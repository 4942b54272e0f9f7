-- ===== src/Model/Listing.antt =====
-- The listings of internal/app/domain/model, which share one shape: some Where clauses, a count, an
-- order, an offset and a limit. The end of such a query, gorm's `Find` into a slice, is a parameter.
pub mod Laws
pub mod Memory
pub mod Tests
use easymail.Base.{
  ℕ, suc, ◌≡◌, Bool, ◌||◌, Option, none, some, List, [], ◌∷◌, ◌++◌, Bytes, is_empty, keep, length,
  take, drop, if◌then◌else◌,
}
use easymail.Base.Int.{ℤ, pos}

-- A query: its test on rows, the text of its order, its offset and its limit.
pub record Search (R : Type 0) : Type 0 where
  pub rows : R → Bool
  pub order : Option Bytes
  pub offset : Option ℤ
  pub limit : Option ℤ

-- `Find(&rows)` of a query; none for an error.
abbrev pub Finder : Type 0 → Type 0
Finder R = Search R → List R → Option (List R)

-- Every test holds of as many rows of the one as of the other.
abbrev pub SameRows : {R : Type 0} → List R → List R → Type 0
SameRows {R} xs ys = (q : R → Bool) → length (keep q xs) ≡ length (keep q ys)

-- The documented behaviour that the theorems rely on: without an offset and a limit, the rows that
-- pass the test, in some order; with an offset and a limit that is not 0, these rows from the offset
-- on, up to the limit.
pub record IsFinder {R : Type 0} (find : Finder R) : Type 0 where
  pub found_all :
      (p : R → Bool) (order : Option Bytes) (t : List R) {rs : List R}
      → find (record { rows = p; order = order; offset = none; limit = none }) t ≡ some rs
      → SameRows rs (keep p t)
  pub found_page :
      (p : R → Bool) (order : Option Bytes) (k n : ℕ) (t : List R) {rs : List R}
      → find
          (record { rows = p; order = order; offset = some (pos k); limit = some (pos (suc n)) })
          t
        ≡ some rs
      → (all : List R) × SameRows all (keep p t) × (rs ≡ take (suc n) (drop k all))

-- `Count(&n)`, without an error, counts the rows that pass the test.
pub record IsCount {R : Type 0} (count : (R → Bool) → List R → Option ℕ) : Type 0 where
  pub counted : (p : R → Bool) (t : List R) {n : ℕ} → count p t ≡ some n → n ≡ length (keep p t)

-- `fmt.Sprintf("%s %s", orderField, orderDir)`, if neither is empty.
abbrev pub order_of : Bytes → Bytes → Option Bytes
order_of field dir = if is_empty field || is_empty dir then none else some (field ++ (b' ' ∷ dir))

-- The total and the rows of a page.
abbrev pub Page : Type 0 → Type 0
Page R = ℕ × List R

-- The rows behind a count that succeeded.
abbrev with_total : {R : Type 0} → ℕ → Option (List R) → Option (Page R)
with_total n none = none
with_total n (some rs) = some (n, rs)

-- The end that the listings share: the count, the order, the page, and the rows. An error of the
-- count stays with the query, so that its end fails too.
unfoldable pub page_of :
    {R : Type 0}
    → ((R → Bool) → List R → Option ℕ)
    → Finder R
    → (R → Bool)
    → Bytes
    → Bytes
    → ℤ
    → ℤ
    → List R
    → Option (Page R)
page_of count find p field dir page page_size t = elim (count p t) [
  | none ↦ none
  | some n ↦ with_total n (
      find
        (record {
          rows = p;
          order = order_of field dir;
          offset = some page;
          limit = some page_size;
        })
        t)
]
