-- ===== src/Filter/Listing.antt =====
-- The listings of internal/app/domain/model/filter.go: fields, rules and metrics. The query that
-- joins two tables is a parameter.
pub mod Laws
pub mod Tests
use easymail.Base.{
  ℕ, Bool, true, false, ◌&&◌, ◌||◌, not, Option, none, some, List, [], ◌∷◌, Bytes, codes, map, ◌==◌,
  if◌then◌else◌,
}
use mathlib.Core.Option
use easymail.Base.Int.{ℤ, pos, eq_ℤ}
use easymail.Model.Gorm.{Gorm}
use easymail.Model.Listing.{Finder, Search, Page, page_of}
use easymail.Filter.{FilterStage, connect, helo, mail_from, rcpt_to, header, message, FilterRule}
use easymail.Filter.Metric.{FilterMetric, zero_metric}

-- `FilterField`.
pub record FilterField : Type 0 where
  pub id : ℤ
  pub name : Bytes
  pub description : Bytes
  pub account_id : ℤ
  pub create_time : ℕ
  pub update_time : ℕ
  pub delete_time : ℕ
  pub status : ℕ
  pub can_metric : Bool
  pub stage : FilterStage

-- `IndexFilterMetricResponse`.
pub record IndexFilterMetricResponse : Type 0 where
  pub metric : FilterMetric
  pub primary_field_name : Bytes
  pub secondary_field_name : Bytes

-- The number of a stage.
abbrev stage_number : FilterStage → ℕ
stage_number connect = 0
stage_number helo = 1
stage_number mail_from = 2
stage_number rcpt_to = 3
stage_number header = 4
stage_number message = 5

-- The time of the first row, or the zero time.
abbrev time_of : List FilterRule → ℕ
time_of [] = 0
time_of (r ∷ _) = r.update_time

-- A search with an order, and all its rows.
abbrev all_by : {R : Type 0} → (R → Bool) → Bytes → Search R
all_by p order = record { rows = p; order = some order; offset = none; limit = none }

abbrev has_key : ℤ → List FilterField → Bool
has_key id [] = false
has_key id (f ∷ fs) = eq_ℤ f.id id || has_key id fs

-- `fieldMap[id]`, where the last of several fields with a key counts; empty for a missing key.
abbrev pub name_of : ℤ → List FilterField → Bytes
name_of id [] = codes ""
name_of id (f ∷ fs) = if eq_ℤ f.id id && not (has_key id fs) then f.name else name_of id fs

-- A query that joins the metrics with the fields on the left: the test of the join, that of the joined
-- rows, where the field may be missing, and the fields that are loaded beside.
pub record Joined : Type 0 where
  pub on : FilterMetric → FilterField → Bool
  pub rows : FilterMetric → Option FilterField → Bool
  pub preloads : List Bytes

-- A metric with its primary and its secondary field.
abbrev pub Loaded : Type 0
Loaded = FilterMetric × (Option FilterField × Option FilterField)

-- The clauses on the joined field: the stage, the status and whether it can be measured.
abbrev pub measures : FilterStage → Option FilterField → Bool
measures stage none = false
measures stage (some f) =
    stage_number f.stage == stage_number stage && (f.status == 1 && f.can_metric)

-- The query of `GetFilterMetricByStage`.
unfoldable pub by_stage : FilterStage → Joined
by_stage stage = record {
  on = λ m f. eq_ℤ f.id m.primary_field_id || eq_ℤ f.id m.secondary_field_id;
  rows = λ m o. m.status == 1 && measures stage o;
  preloads = codes "PrimaryField" ∷ codes "SecondaryField" ∷ [];
}

-- `GetFilterMetricByStage(stage)`, over the end of the query.
unfoldable pub get_filter_metric_by_stage :
    Bool
    → (Joined → List FilterMetric → List FilterField → Option (List Loaded))
    → FilterStage
    → List FilterMetric
    → List FilterField
    → Option (List Loaded)
unfolding by_stage
get_filter_metric_by_stage connected find_joined stage ms fs =
    if not connected then none else find_joined (by_stage stage) ms fs

module _ (connected : Bool) (metrics : Gorm FilterMetric) (fields : Gorm FilterField)
    (find_rules : Finder FilterRule) (find_fields : Finder FilterField)
    (find_metrics : Finder FilterMetric) where
  -- `GetFilterRules()`; none for an error, here and below.
  unfoldable pub get_filter_rules : List FilterRule → Option (List FilterRule)
  get_filter_rules t =
      if not connected
      then none
      else find_rules (all_by (λ r. r.status == 1) (codes "priority desc")) t

  -- `GetLastTimeOfRule()`: the scan of one row, which leaves the zero time if there is none.
  unfoldable pub get_last_time_of_rule : List FilterRule → Option ℕ
  get_last_time_of_rule t =
      if not connected
      then none
      else Option.map time_of (
          find_rules
            (record {
              rows = λ r. r.status == 1;
              order = some (codes "update_time desc");
              offset = none;
              limit = some (pos 1);
            })
            t)

  -- `GetFilterField(orderField, orderDir, page, pageSize)`.
  unfoldable pub get_filter_field :
      Bytes → Bytes → ℤ → ℤ → List FilterField → Option (Page FilterField)
  unfolding page_of
  get_filter_field field dir page page_size t =
      if not connected
      then none
      else page_of fields.count find_fields (λ f. true) field dir page page_size t

  -- `GetAllFilterField()`.
  unfoldable pub get_all_filter_field : List FilterField → Option (List FilterField)
  get_all_filter_field t =
      if not connected
      then none
      else find_fields (all_by (λ f. f.status == 1 && f.can_metric) (codes "name asc")) t

  -- `GetFilterFieldByStage(stage)`.
  unfoldable pub get_filter_field_by_stage :
      FilterStage → List FilterField → Option (List FilterField)
  get_filter_field_by_stage stage t =
      if not connected
      then none
      else find_fields
          (all_by (λ f. f.status == 1 && stage_number f.stage == stage_number stage)
            (codes "name asc"))
          t

  -- The rows of a page of metrics, with the names of their fields.
  responses :
      Option (Page FilterMetric)
      → Option (List FilterField)
      → Option (Page IndexFilterMetricResponse)
  responses none fs = none
  responses (some page) none = none
  responses (some (total, ms)) (some fs) = some (
    total,
    map
        (λ m. record {
          metric = m;
          primary_field_name = name_of m.primary_field_id fs;
          secondary_field_name = name_of m.secondary_field_id fs;
        })
        ms,
  )

  -- `GetFilterMetric(req)`.
  unfoldable pub get_filter_metric :
      Bytes
      → Bytes
      → ℤ
      → ℤ
      → List FilterMetric
      → List FilterField
      → Option (Page IndexFilterMetricResponse)
  unfolding page_of responses get_all_filter_field
  get_filter_metric field dir start size ms fs =
      if not connected
      then none
      else responses (page_of metrics.count find_metrics (λ m. true) field dir start size ms)
          (get_all_filter_field fs)

  -- `GetFilterMetricByID(id)`: the metric that the query leaves, and whether there is an error.
  unfoldable pub get_filter_metric_by_id : ℤ → List FilterMetric → Option FilterMetric × Bool
  get_filter_metric_by_id id t =
      if not connected
      then (some zero_metric, true)
      else let (m, e) = metrics.first (some zero_metric) (λ m. eq_ℤ m.id id) t in
        (m, elim e [ none ↦ false | some f ↦ true ])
************
Exercise requirements: Lines that contain "antt" are the result; find them in the entries above and copy each one.

Task output:
-- ===== src/Model/Listing.antt =====
-- ===== src/Filter/Listing.antt =====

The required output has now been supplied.